▶ [Records shown]
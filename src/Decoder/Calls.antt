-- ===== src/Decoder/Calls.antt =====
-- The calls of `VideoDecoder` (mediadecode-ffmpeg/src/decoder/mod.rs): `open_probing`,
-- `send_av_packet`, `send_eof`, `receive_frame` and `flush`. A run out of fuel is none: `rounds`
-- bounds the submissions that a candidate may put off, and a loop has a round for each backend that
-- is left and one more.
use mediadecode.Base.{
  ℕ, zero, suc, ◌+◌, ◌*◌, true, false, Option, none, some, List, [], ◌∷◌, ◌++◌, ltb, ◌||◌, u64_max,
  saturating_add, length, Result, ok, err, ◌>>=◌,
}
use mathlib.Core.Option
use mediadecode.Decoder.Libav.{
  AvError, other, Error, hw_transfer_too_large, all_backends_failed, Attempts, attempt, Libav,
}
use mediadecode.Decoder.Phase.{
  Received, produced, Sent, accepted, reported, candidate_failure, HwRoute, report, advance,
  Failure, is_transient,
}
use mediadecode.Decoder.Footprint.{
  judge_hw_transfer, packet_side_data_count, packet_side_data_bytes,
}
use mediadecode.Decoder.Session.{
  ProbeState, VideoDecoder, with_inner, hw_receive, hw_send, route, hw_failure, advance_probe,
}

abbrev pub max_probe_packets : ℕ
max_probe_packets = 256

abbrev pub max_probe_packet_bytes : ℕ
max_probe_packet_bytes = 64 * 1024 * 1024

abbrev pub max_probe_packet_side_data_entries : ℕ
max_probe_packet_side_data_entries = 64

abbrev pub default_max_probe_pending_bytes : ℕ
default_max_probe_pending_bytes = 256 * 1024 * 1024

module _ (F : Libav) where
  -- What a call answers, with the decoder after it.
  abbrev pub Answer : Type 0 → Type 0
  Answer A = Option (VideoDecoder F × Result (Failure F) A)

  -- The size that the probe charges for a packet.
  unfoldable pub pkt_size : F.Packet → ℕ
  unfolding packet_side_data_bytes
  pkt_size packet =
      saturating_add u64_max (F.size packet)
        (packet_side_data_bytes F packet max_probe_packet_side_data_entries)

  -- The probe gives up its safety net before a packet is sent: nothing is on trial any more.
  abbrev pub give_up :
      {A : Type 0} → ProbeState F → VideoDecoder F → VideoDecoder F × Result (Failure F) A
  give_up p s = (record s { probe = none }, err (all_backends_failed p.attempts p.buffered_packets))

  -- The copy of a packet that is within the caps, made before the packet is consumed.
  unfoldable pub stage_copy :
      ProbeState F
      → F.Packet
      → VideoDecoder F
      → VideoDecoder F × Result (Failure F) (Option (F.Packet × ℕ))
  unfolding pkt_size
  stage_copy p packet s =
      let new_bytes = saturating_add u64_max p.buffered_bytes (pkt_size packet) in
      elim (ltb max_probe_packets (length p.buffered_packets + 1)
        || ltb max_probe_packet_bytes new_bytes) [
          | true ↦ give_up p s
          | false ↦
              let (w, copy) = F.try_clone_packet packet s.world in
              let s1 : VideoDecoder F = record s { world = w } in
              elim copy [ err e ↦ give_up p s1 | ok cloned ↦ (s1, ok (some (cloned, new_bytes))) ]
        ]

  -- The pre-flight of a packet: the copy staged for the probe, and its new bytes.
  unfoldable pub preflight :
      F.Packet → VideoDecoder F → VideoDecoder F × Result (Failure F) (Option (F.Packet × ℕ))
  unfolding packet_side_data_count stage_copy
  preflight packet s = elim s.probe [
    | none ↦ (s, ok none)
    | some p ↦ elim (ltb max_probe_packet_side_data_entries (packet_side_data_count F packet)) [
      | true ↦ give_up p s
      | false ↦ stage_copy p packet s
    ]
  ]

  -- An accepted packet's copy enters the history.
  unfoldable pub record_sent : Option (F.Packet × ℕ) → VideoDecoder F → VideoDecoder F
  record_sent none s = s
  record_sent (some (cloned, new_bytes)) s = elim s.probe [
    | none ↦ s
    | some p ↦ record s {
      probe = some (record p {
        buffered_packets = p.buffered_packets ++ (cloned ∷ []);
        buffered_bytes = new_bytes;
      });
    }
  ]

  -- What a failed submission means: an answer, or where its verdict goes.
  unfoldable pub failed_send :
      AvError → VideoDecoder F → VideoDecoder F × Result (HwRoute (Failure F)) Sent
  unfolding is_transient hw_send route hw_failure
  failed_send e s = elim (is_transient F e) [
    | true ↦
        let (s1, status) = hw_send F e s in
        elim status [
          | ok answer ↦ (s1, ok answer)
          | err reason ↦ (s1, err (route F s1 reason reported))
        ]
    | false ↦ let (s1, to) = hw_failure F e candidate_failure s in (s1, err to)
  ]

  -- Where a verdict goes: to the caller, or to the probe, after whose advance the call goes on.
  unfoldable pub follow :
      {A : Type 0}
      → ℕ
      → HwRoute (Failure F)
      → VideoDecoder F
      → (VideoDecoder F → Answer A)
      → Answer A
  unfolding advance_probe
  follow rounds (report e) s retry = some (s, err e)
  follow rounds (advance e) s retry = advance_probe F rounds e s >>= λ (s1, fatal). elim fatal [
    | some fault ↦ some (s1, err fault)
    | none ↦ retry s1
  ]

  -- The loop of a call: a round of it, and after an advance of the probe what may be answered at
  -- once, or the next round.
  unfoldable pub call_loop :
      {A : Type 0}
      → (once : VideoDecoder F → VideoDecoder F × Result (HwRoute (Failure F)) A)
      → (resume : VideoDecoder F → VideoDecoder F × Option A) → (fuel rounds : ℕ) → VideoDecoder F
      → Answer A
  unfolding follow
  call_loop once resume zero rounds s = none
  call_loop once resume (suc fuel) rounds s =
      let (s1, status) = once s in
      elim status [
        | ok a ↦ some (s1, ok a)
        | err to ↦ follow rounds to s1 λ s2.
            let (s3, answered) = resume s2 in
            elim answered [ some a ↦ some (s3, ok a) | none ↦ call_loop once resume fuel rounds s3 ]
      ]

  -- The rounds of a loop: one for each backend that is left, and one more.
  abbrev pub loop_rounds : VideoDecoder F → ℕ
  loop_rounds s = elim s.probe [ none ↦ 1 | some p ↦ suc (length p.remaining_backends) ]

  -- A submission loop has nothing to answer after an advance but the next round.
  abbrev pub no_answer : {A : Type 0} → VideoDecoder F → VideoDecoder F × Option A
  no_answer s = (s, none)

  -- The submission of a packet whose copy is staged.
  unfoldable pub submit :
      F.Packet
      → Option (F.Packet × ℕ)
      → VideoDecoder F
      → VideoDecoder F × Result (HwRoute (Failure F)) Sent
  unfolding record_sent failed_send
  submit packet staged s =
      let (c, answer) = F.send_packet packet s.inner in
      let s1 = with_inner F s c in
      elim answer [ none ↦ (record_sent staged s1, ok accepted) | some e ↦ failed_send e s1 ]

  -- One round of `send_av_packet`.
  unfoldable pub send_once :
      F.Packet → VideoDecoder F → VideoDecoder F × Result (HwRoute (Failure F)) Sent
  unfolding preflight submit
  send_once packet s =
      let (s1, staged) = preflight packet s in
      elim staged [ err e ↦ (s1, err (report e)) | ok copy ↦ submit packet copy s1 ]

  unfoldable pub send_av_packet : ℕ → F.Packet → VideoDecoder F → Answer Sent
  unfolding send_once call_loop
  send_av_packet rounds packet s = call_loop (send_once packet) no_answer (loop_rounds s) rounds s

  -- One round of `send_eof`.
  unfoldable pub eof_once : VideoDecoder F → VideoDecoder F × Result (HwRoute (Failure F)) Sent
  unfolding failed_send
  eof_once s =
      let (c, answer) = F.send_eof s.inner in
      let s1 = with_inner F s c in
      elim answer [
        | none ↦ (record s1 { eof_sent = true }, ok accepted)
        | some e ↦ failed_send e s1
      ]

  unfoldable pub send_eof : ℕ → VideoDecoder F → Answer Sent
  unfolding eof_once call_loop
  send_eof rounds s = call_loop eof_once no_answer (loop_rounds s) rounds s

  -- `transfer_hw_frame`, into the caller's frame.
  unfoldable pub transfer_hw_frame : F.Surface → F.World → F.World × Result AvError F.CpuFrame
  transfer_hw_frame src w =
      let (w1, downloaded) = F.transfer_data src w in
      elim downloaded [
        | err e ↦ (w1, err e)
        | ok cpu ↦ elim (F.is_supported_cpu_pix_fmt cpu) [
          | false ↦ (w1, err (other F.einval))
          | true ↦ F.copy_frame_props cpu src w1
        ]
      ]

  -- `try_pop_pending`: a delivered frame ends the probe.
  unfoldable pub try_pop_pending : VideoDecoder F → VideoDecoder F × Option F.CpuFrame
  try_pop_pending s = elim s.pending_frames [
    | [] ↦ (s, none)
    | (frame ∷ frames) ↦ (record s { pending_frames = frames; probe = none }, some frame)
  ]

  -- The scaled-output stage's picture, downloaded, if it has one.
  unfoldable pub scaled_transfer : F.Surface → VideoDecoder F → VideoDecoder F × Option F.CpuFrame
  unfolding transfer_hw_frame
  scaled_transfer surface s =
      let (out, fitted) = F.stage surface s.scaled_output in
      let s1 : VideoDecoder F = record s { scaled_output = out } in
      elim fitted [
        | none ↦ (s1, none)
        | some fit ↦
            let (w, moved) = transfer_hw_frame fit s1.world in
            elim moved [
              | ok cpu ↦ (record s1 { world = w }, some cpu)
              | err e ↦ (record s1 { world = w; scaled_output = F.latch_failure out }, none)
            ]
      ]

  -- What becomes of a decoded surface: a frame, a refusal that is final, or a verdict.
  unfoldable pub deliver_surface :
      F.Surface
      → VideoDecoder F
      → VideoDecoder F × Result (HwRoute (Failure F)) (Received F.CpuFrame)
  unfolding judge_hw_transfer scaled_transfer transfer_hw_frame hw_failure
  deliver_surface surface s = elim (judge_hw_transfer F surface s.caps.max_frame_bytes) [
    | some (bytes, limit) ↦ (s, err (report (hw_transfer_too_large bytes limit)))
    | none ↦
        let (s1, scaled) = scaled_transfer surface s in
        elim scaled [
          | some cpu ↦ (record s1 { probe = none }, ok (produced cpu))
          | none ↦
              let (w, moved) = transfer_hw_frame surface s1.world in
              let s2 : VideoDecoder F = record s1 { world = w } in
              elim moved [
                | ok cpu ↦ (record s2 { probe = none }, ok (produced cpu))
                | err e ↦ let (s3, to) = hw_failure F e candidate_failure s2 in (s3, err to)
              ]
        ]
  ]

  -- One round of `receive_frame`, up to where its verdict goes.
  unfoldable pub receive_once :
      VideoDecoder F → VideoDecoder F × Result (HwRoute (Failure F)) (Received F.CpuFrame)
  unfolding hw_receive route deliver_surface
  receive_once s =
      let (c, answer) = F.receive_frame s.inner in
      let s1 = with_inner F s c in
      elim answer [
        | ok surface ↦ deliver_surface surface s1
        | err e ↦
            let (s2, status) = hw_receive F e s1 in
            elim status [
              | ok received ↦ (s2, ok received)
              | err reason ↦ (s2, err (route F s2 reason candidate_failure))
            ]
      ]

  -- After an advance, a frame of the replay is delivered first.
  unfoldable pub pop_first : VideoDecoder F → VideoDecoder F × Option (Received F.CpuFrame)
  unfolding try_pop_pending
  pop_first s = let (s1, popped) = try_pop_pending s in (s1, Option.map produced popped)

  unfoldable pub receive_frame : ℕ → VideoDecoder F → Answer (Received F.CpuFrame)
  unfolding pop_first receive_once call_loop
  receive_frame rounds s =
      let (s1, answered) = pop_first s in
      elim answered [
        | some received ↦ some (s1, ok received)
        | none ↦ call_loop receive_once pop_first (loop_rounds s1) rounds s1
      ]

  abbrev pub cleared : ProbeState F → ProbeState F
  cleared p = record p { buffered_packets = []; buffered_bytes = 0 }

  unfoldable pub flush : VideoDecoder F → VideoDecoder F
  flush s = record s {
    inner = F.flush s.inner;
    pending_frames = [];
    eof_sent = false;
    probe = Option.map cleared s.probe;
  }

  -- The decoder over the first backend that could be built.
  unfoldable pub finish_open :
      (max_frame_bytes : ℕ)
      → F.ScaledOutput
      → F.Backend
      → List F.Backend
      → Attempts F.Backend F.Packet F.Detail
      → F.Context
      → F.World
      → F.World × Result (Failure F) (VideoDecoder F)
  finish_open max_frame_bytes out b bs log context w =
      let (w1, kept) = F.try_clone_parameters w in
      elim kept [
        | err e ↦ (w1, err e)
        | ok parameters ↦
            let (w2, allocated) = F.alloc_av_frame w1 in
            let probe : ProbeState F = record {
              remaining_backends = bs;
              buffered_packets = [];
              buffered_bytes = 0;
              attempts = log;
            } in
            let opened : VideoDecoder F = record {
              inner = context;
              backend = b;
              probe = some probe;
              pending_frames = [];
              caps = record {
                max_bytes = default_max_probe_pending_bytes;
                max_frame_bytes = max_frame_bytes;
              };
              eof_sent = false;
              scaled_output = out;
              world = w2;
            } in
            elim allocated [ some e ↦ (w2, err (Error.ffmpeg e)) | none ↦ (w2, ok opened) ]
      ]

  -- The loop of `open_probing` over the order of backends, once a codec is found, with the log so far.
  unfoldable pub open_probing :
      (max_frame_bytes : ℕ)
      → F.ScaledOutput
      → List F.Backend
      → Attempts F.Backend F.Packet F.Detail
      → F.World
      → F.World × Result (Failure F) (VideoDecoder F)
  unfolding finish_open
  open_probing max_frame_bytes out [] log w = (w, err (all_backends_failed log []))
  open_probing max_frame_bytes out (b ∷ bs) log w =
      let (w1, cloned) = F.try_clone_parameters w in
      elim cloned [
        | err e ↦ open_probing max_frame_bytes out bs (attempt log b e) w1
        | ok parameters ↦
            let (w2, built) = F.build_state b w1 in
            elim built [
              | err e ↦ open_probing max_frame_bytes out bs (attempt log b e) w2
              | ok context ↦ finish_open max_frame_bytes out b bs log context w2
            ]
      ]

▶ [Exercise] Go through the data above and copy each line that holds the word "kept".

▶ [Solution for this task]
      let (w1, kept) = F.try_clone_parameters w in
      elim kept [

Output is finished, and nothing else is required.